Dietrick’s time at Princeton forged the adaptability she has relied upon at the professional level. She started just six games over her first two college seasons. At Princeton, she explains, most players don’t come in and start as freshmen. “That wasn’t the way our program was built. You come in, you work hard, and you pay your dues.”
From the outside looking in, Dietrick did not appear to be WNBA-bound. But she focused on excelling in whatever minutes she got and continually improving in practice. By her senior year, Dietrick had become one of the best players in the nation, earning honorable mention All-America honors and leading Princeton to an undefeated regular season.
Her first professional team was located in a small town in central Italy. At first, she had no friends, no internet access, and no grasp of the Italian language. “The first two weeks were absolutely brutal,” she recalls with a laugh. “I wanted to go home.”
But she eventually carved out a niche for herself on and off the court, parlaying her success in the Italian league into her first WNBA opportunity, a three-game stint with the Seattle Storm in 2016.

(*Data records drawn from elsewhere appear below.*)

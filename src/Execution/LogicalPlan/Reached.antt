-- ===== src/Execution/LogicalPlan/Reached.antt =====
-- Every plan that calls can build is resolved (komfydb/execution/logical_plan/logical_plan.cc).
use komfy_db.Base.Int.{ℤ}
use komfy_db.Base.{
  ◌≡◌, refl, inl, inr, true, false, List, [], ◌∷◌, ◌++◌, map, some, if◌then◌else◌, Bytes, All,
  All-append,
}
use komfy_db.Base.Status.{StatusOr, ok, err, fault, no_fuel, invalid_argument, ◌>>◌}
use komfy_db.Execution.Aggregator.{AggregateType, get_aggregate_type, aggregate_type_to_string}
use komfy_db.Storage.Catalog.{Catalog}
use komfy_db.Execution.LogicalPlan.{
  ColumnRef, LogicalPlan, AggregateNode, is_valid, check_column_ref,
}
use komfy_db.Execution.LogicalPlan.Build.{
  add_typed, select_into, add_group_by, convert_selects, add_aggregate, add_select, add_order_by,
  add_limit, Call, run, Reachable, scan, join, subquery_join, filter_col_col, filter_col_const,
  group_by, aggregate, select, order_by, limit_to,
}
use komfy_db.Execution.OrderBy.{Order}
use komfy_db.Execution.LogicalPlan.Resolved.{
  Resolves, IsResolved, All-snoc, both_passed, passed-IsResolved,
}
use komfy_db.Execution.LogicalPlan.Conditions.{
  add_scan-IsResolved, add_join-IsResolved, add_subquery_join-IsResolved,
  add_filter_col_col-IsResolved, add_filter_col_const-IsResolved,
}

module _ {Sub : Type 0} where
  add_group_by-IsResolved :
      (ref : ColumnRef) (p : LogicalPlan Sub) → IsResolved p → IsResolved (add_group_by ref p).0
  unfolding add_group_by
  add_group_by-IsResolved ref p h =
      passed-IsResolved (check_column_ref p ref) p
        (record p { groupby_cols = p.groupby_cols ++ ref ∷ [] }, ok tt) h
        (λ k. record {
          scans = h.scans;
          joins = h.joins;
          filters = h.filters;
          selects = h.selects;
          aggregates = h.aggregates;
          groups = All-snoc (Resolves p.catalog p.alias_to_id) p.groupby_cols ref h.groups k;
          order = h.order;
          exclusive = h.exclusive;
        })

  add_order_by-IsResolved :
      (ref : ColumnRef) (asc : Order) (p : LogicalPlan Sub)
      → IsResolved p
      → IsResolved (add_order_by ref asc p).0
  unfolding add_order_by
  add_order_by-IsResolved ref asc p h =
      passed-IsResolved (free >> check_column_ref p ref) p
        (record p { order_by_column = ref; order = some asc }, ok tt) h
        (λ k. record {
          scans = h.scans;
          joins = h.joins;
          filters = h.filters;
          selects = h.selects;
          aggregates = h.aggregates;
          groups = h.groups;
          order = λ v. (both_passed free (check_column_ref p ref) k).1;
          exclusive = h.exclusive;
        })
    where
      free : StatusOr (Unit {0})
      free = if is_valid p.order_by_column then err invalid_argument else ok tt

  add_aggregate-IsResolved :
      (agg_fun : Bytes) (ref : ColumnRef) (p : LogicalPlan Sub)
      → IsResolved p
      → IsResolved (add_aggregate agg_fun ref p).0
  unfolding add_aggregate
  add_aggregate-IsResolved agg_fun ref p h =
      passed-IsResolved (check_column_ref p ref) p
        (add_typed ref (convert_selects p) (get_aggregate_type agg_fun)) h
        (λ k. typed k (get_aggregate_type agg_fun))
    where
      moved :
          (refs : List ColumnRef)
          → All (Resolves p.catalog p.alias_to_id) refs
          → All
              (λ (a : AggregateNode). Resolves p.catalog p.alias_to_id a.col)
              (map (λ r. record { col = r; agg_type = AggregateType.none }) refs)
      moved [] k = tt
      moved (r ∷ refs) k = (k.0, moved refs k.1)

      converted : IsResolved (convert_selects p)
      converted = record {
        scans = h.scans;
        joins = h.joins;
        filters = h.filters;
        groups = h.groups;
        order = h.order;
        selects = tt;
        aggregates =
            All-append (λ (a : AggregateNode). Resolves p.catalog p.alias_to_id a.col) p.aggregates
              _ h.aggregates (moved p.selects h.selects);
        exclusive = inl refl;
      }

      typed :
          Resolves p.catalog p.alias_to_id ref
          → (t : StatusOr AggregateType) → IsResolved (add_typed ref (convert_selects p) t).0
      typed k (ok t) = record {
        scans = h.scans;
        joins = h.joins;
        filters = h.filters;
        groups = h.groups;
        order = h.order;
        selects = tt;
        aggregates =
            All-snoc (λ (a : AggregateNode). Resolves p.catalog p.alias_to_id a.col)
              (convert_selects p).aggregates (record { col = ref; agg_type = t })
              converted.aggregates k;
        exclusive = inl refl;
      }
      typed k (err c) = converted
      typed k fault = converted
      typed k no_fuel = converted

  select_into-IsResolved :
      (ref : ColumnRef) (p : LogicalPlan Sub) (as' : List AggregateNode)
      → p.aggregates ≡ as'
      → IsResolved p
      → IsResolved (select_into ref p as').0
  select_into-IsResolved ref p [] e h =
      passed-IsResolved (check_column_ref p ref) p
        (record p { selects = p.selects ++ ref ∷ [] }, ok tt) h
        (λ k. record {
          scans = h.scans;
          joins = h.joins;
          filters = h.filters;
          selects = All-snoc (Resolves p.catalog p.alias_to_id) p.selects ref h.selects k;
          aggregates = h.aggregates;
          groups = h.groups;
          order = h.order;
          exclusive = inr e;
        })
  select_into-IsResolved ref p (a ∷ as') e h =
      add_aggregate-IsResolved (aggregate_type_to_string AggregateType.none) ref p h

  add_select-IsResolved :
      (ref : ColumnRef) (p : LogicalPlan Sub) → IsResolved p → IsResolved (add_select ref p).0
  unfolding add_select
  add_select-IsResolved ref p h = select_into-IsResolved ref p p.aggregates refl h

  add_limit-IsResolved :
      (limit : ℤ) (p : LogicalPlan Sub) → IsResolved p → IsResolved (add_limit limit p).0
  unfolding add_limit
  add_limit-IsResolved limit p h = record {
    scans = h.scans;
    joins = h.joins;
    filters = h.filters;
    selects = h.selects;
    aggregates = h.aggregates;
    groups = h.groups;
    order = h.order;
    exclusive = h.exclusive;
  }

  run-IsResolved :
      (call : Call Sub) (p : LogicalPlan Sub) → IsResolved p → IsResolved (run call p).0
  run-IsResolved (scan table_id alias) p h = add_scan-IsResolved table_id alias p h
  run-IsResolved (join lref op rref) p h = add_join-IsResolved lref op rref p h
  run-IsResolved (subquery_join ref op subplan) p h =
      add_subquery_join-IsResolved ref op subplan p h
  run-IsResolved (filter_col_col lref op rref) p h = add_filter_col_col-IsResolved lref op rref p h
  run-IsResolved (filter_col_const ref op f) p h = add_filter_col_const-IsResolved ref op f p h
  run-IsResolved (group_by ref) p h = add_group_by-IsResolved ref p h
  run-IsResolved (aggregate agg_fun ref) p h = add_aggregate-IsResolved agg_fun ref p h
  run-IsResolved (select ref) p h = add_select-IsResolved ref p h
  run-IsResolved (order_by ref asc) p h = add_order_by-IsResolved ref asc p h
  run-IsResolved (limit_to limit) p h = add_limit-IsResolved limit p h

-- Whatever calls built a plan, in any order and those that failed included: every column that it
-- names is the star or a column of the table of its alias, every scan is known by its alias, and it
-- does not have both selects and aggregates.
pub Reachable-IsResolved :
    {Sub : Type 0} {c : Catalog} {p : LogicalPlan Sub} → Reachable Sub c p → IsResolved p
Reachable-IsResolved Reachable.start = record {
  scans = tt;
  joins = tt;
  filters = tt;
  selects = tt;
  aggregates = tt;
  groups = tt;
  order = λ v. let clash : false ≡ true = v in cc;
  exclusive = inl refl;
}
Reachable-IsResolved (Reachable.step {p} h call) = run-IsResolved call p (Reachable-IsResolved h)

After spells in Australia and Greece, Dietrick returned to the WNBA for the 2018 and 2019 seasons, appearing primarily off the bench in 26 and 17 games, respectively.
When two of her Atlanta Dream teammates withdrew from the bubble this summer, she finally had a path to regular minutes. Dietrick seized the opportunity, averaging 5.9 points and 3.4 assists in 21 minutes per game. She shot a scorching 44.8 percent on three-point shots, a franchise record.
Off the court, Dietrick enthusiastically joined in the league’s efforts to honor victims of police brutality and fight against systemic injustice in America. Those efforts included a protest against Atlanta Dream co-owner Kelly Loeffler, a U.S. senator who criticized the WNBA’s commitment to the Black Lives Matter movement. Dietrick and her teammates responded by wearing shirts supporting Loeffler’s opponent in the senatorial special election.
Coupled with a demanding game schedule, the justice efforts made for a chaotic but deeply rewarding time. “You were either eating, sleeping, recovering, or playing,” Dietrick says. “Every other minute you could squeeze in for social justice, you did.”
“We were professional athletes this year, but we were more than that,” she continues. “We could see that we were actually making a difference, so that was really encouraging. Although we were all packed in this tiny place in Bradenton, Florida, we felt like our impact was national, if not international.”
Though currently a free agent, Dietrick hopes to continue playing major minutes in the 2021 WNBA season. “I definitely feel like I’ve proven I belong in this league,” she says.